Словом «любовь» Пруст всегда обозначает страдание, причиняемое ему отношениями любимого существа с другими людьми, причем неважно, достоверно ли он знает об этих отношениях, догадывается, подозревает или только предчувствует. Его любовная активность ограничивается уловками, вызнаванием, бесконечной игрой в слежку, которая к тому же осложнена болезнью любовника, вынужденного жить взаперти. Альков превращается в следовательскую камеру. А чтобы сделать игру жестче, следователь запирает с собой в этой камере обвиняемую Альбертину, полностью подчиняет ее себе; выходит она только под конвоем. Увы, и прошлого вполне достаточно, чтобы подвергнуть испытанию спокойствие любовника, поскольку его чудовищная память не прощает коварной ни малейшего противоречия в ее словах; к тому же иные поездки становятся крайне подозрительными из-за участия Андреи, подруги на все случаи жизни, или слишком услужливого шофера. Это, сказали бы мы, «дознание ревнивца», хотя и доведено здесь до крайности, сохраняет всеобщий характер, что обеспечивает Прусту первое место среди мастеров ревности. Откроем наудачу книгу: «Бывает, что каждодневно в форме подозрений огромными дозами впитываешь одну и ту же мысль, что тебя обманывают, хотя даже ничтожное ее количество, введенное с уколом слова, рвущего душу, могло бы оказаться смертельным». «Не обязательно быть вдвоем, достаточно сидеть в комнате одному и неотвязно думать, что лучше бы, во избежание новых измен, твоя любовница умерла». Ах, какое собрание великолепных изречений для мучеников ревности можно было бы надергать из этой книги!

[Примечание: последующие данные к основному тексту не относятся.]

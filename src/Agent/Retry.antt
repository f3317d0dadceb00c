-- ===== src/Agent/Retry.antt =====
-- chipchamp/agent/retry.py: which failed calls of a model are tried again, and after how long. An
-- exception keeps what the code reads of it: its class, its attributes, its text and its header
-- `Retry-After`. Waiting times count half microseconds; `jitter` is `random.random()` in
-- thousandths, and `base` is in milliseconds.
pub mod Waits
use chipchamp.Prelude.{
  ℕ, ◌+◌, ◌-◌, ◌*◌, Bool, true, false, not, ◌&&◌, ◌||◌, Option, none, some, List, [], ◌∷◌, leb, ltb,
  ◌==◌, min, if◌then◌else◌,
}
use chipchamp.Text.{Text, codes, contains, lower, take_while, any}
use chipchamp.Regex.{is_word, is_space, is_digit}

-- what `float(v)` makes of the header, in milliseconds and not below 0
pub data Header : Type 0 where
  absent unreadable : Header
  milliseconds : ℕ → Header

-- `attributes` are `status_code`, `code` and `status`, `none` if it is missing or no integer.
pub record Fault : Type 0 where
  pub timed_out : Bool
  pub transport : Bool
  pub type_name : Text
  pub attributes : List (Option ℕ)
  pub message : Text
  pub header : Header

pub record Failure : Type 0 where
  pub fault : Fault
  pub cause : Option Fault

pub data Reason : Type 0 where
  timeout glitch deterministic transient : Reason
  connection other : Text → Reason
  http : ℕ → Reason

unfoldable pub retry_codes : List ℕ
retry_codes = 408 ∷ 409 ∷ 425 ∷ 429 ∷ 500 ∷ 502 ∷ 503 ∷ 504 ∷ 529 ∷ []

unfoldable pub never_codes : List ℕ
never_codes = 401 ∷ 403 ∷ 404 ∷ 413 ∷ 422 ∷ []

abbrev transient_words : List Text
transient_words =
    codes "connection reset"
    ∷ codes "connection refused"
    ∷ codes "remote end closed"
    ∷ codes "incomplete read"
    ∷ codes "temporarily unavailable"
    ∷ codes "timed out"
    ∷ codes "overloaded"
    ∷ codes "rate limit"
    ∷ []

-- the rest of a text behind a beginning
unfoldable pub after : Text → Text → Option Text
after [] s = some s
after (c ∷ p) [] = none
after (c ∷ p) (d ∷ s) = let rest = after p s in if c == d then rest else none

unfoldable pub skip_spaces : Text → Text
skip_spaces [] = []
skip_spaces (c ∷ s) = let rest = skip_spaces s in if is_space c then rest else c ∷ s

abbrev starts_word : Text → Bool
starts_word [] = false
starts_word (c ∷ s) = is_word c

abbrev digit : ℕ → ℕ
digit c = c - b'0'

-- `(\d{3})\b`
abbrev read_three : Text → Option ℕ
read_three (a ∷ b ∷ c ∷ s) =
    if is_digit a && is_digit b && is_digit c && not (starts_word s)
    then some (100 * digit a + 10 * digit b + digit c)
    else none
read_three _ = none

abbrev skip_colon : Text → Text
skip_colon [] = []
skip_colon (c ∷ s) = if c == b':' then s else c ∷ s

-- a match of `_CODE_RX` here, in a text in lower case
unfoldable pub code_here : Text → Option ℕ
unfolding after skip_spaces
code_here s = elim (after (codes "http") s) [
  | some t ↦ read_three (skip_spaces t)
  | none ↦ elim (after (codes "error code") s) [
    | some t ↦ read_three (skip_spaces (skip_colon t))
    | none ↦ none
  ]
]

abbrev or_later : Option ℕ → Option ℕ → Option ℕ
or_later none later = later
or_later (some c) later = some c

-- `_CODE_RX.search`; `inside` tells whether the character before belongs to a word
unfoldable pub code_in : Bool → Text → Option ℕ
unfolding code_here
code_in inside [] = none
code_in inside (c ∷ s) =
    let rest = code_in (is_word c) s in if inside then rest else or_later (code_here (c ∷ s)) rest

unfoldable pub first_code : List (Option ℕ) → Option ℕ
first_code [] = none
first_code (none ∷ vs) = first_code vs
first_code (some v ∷ vs) =
    let rest = first_code vs in if leb 100 v && leb v 599 then some v else rest

abbrev cause_code : Option Fault → Option ℕ
cause_code none = none
cause_code (some f) = first_code f.attributes

unfoldable pub status_code : Failure → Option ℕ
unfolding first_code code_in lower
status_code e =
    or_later (first_code e.fault.attributes)
      (or_later (cause_code e.cause) (code_in false (lower e.fault.message)))

-- `expected .* format`, on one line
unfoldable pub expected_format : Text → Bool
unfolding after contains take_while
expected_format [] = false
expected_format (c ∷ s) =
    elim (after (codes "expected ") (c ∷ s)) [
      | none ↦ false
      | some t ↦ contains (take_while (λ d. not (d == 10)) t) (codes " format")
    ]
    || expected_format s

unfoldable pub glitch_400 : Text → Bool
unfolding contains expected_format
glitch_400 s =
    contains s (codes "peg-native")
    || expected_format s
    || contains s (codes "produced output")
    || contains s (codes "grammar")
    || contains s (codes "malformed sample")

abbrev pub is_connection : Fault → Bool
is_connection f = f.transport || contains f.type_name (codes "Connection")

abbrev pub connection_of : Failure → Option Text
connection_of e =
    if is_connection e.fault
    then some e.fault.type_name
    else elim e.cause [ none ↦ none | some f ↦ if is_connection f then some f.type_name else none ]

-- the classification once only the text is left
unfoldable pub by_message : Fault → Bool × Reason
unfolding contains lower
by_message f =
    if any (λ w. contains (lower f.message) w) transient_words
    then (true, transient)
    else (false, other f.type_name)

unfoldable pub among : ℕ → List ℕ → Bool
among c cs = any (λ d. c == d) cs

unfoldable pub by_code : Fault → Option ℕ → Bool × Reason
unfolding by_message glitch_400 lower among
by_code f none = by_message f
by_code f (some c) =
    if among c never_codes
    then (false, http c)
    else if among c retry_codes
    then (true, http c)
    else if c == 400
    then (if glitch_400 (lower f.message) then (true, glitch) else (false, deterministic))
    else if leb 400 c && ltb c 500
    then (false, http c)
    else by_message f

abbrev pub concluded : Bool → Option Text → Bool × Reason → Bool × Reason
concluded true conn later = (false, timeout)
concluded false none later = later
concluded false (some n) later = (true, connection n)

unfoldable pub classify : Failure → Bool × Reason
unfolding by_code status_code contains
classify e = concluded e.fault.timed_out (connection_of e) (by_code e.fault (status_code e))

-- the header's wait, or that of what is looked at next if there is no header
abbrev pub asked : Header → Option ℕ → Option ℕ
asked absent next = next
asked unreadable next = none
asked (milliseconds ms) next = some (min 60000 ms)

abbrev pub cause_asks : Option Fault → Option ℕ
cause_asks none = none
cause_asks (some f) = asked f.header none

unfoldable pub retry_after : Failure → Option ℕ
retry_after e = asked e.fault.header (cause_asks e.cause)

abbrev pub wait : Option ℕ → ℕ → ℕ → ℕ
wait (some ms) linear jitter = 2000 * ms
wait none linear jitter = linear * (2000 + jitter)

unfoldable pub backoff : Failure → ℕ → ℕ → ℕ → ℕ
unfolding retry_after
backoff e attempt base jitter = wait (retry_after e) (base * (attempt + 1)) jitter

Но в «Узнице» идущий вглубь и вширь анализ в то же время постепенно суживается, ограничивается и превращается в исследование, правда, необыкновенно впечатляющее, одного-единственного, исключительного случая. По мере того как у этого тюремщика своей возлюбленной, у этого подозрительного любовника оказывается все меньше поводов для страдания, он утрачивает любовь, перестает любить: ему необходимо, чтобы Альбертина терзала его, иначе она наводит только скуку. Едва Марсель счел, что обезопасился, что Альбертина больше не мечтает встретиться с подругой в Трокадеро или у Вердюренов, он тут же начинает жаждать одиночества. Чуть только он уверился, что никто ее у него не похищает и она больше не ускользает от его желания, он перестает вожделеть к ее плоти. Альбертина тратит массу стараний, чтобы скрыть измены, и не понимает, что лишь они одни и удерживают любовника; перестав опасаться, он мгновенно становится безразличным. Он невыносимо страдал оттого, что ее тело принадлежит другим, но, едва оно безраздельно предалось ему, он как будто утрачивает инстинкт обладания, даже плотского.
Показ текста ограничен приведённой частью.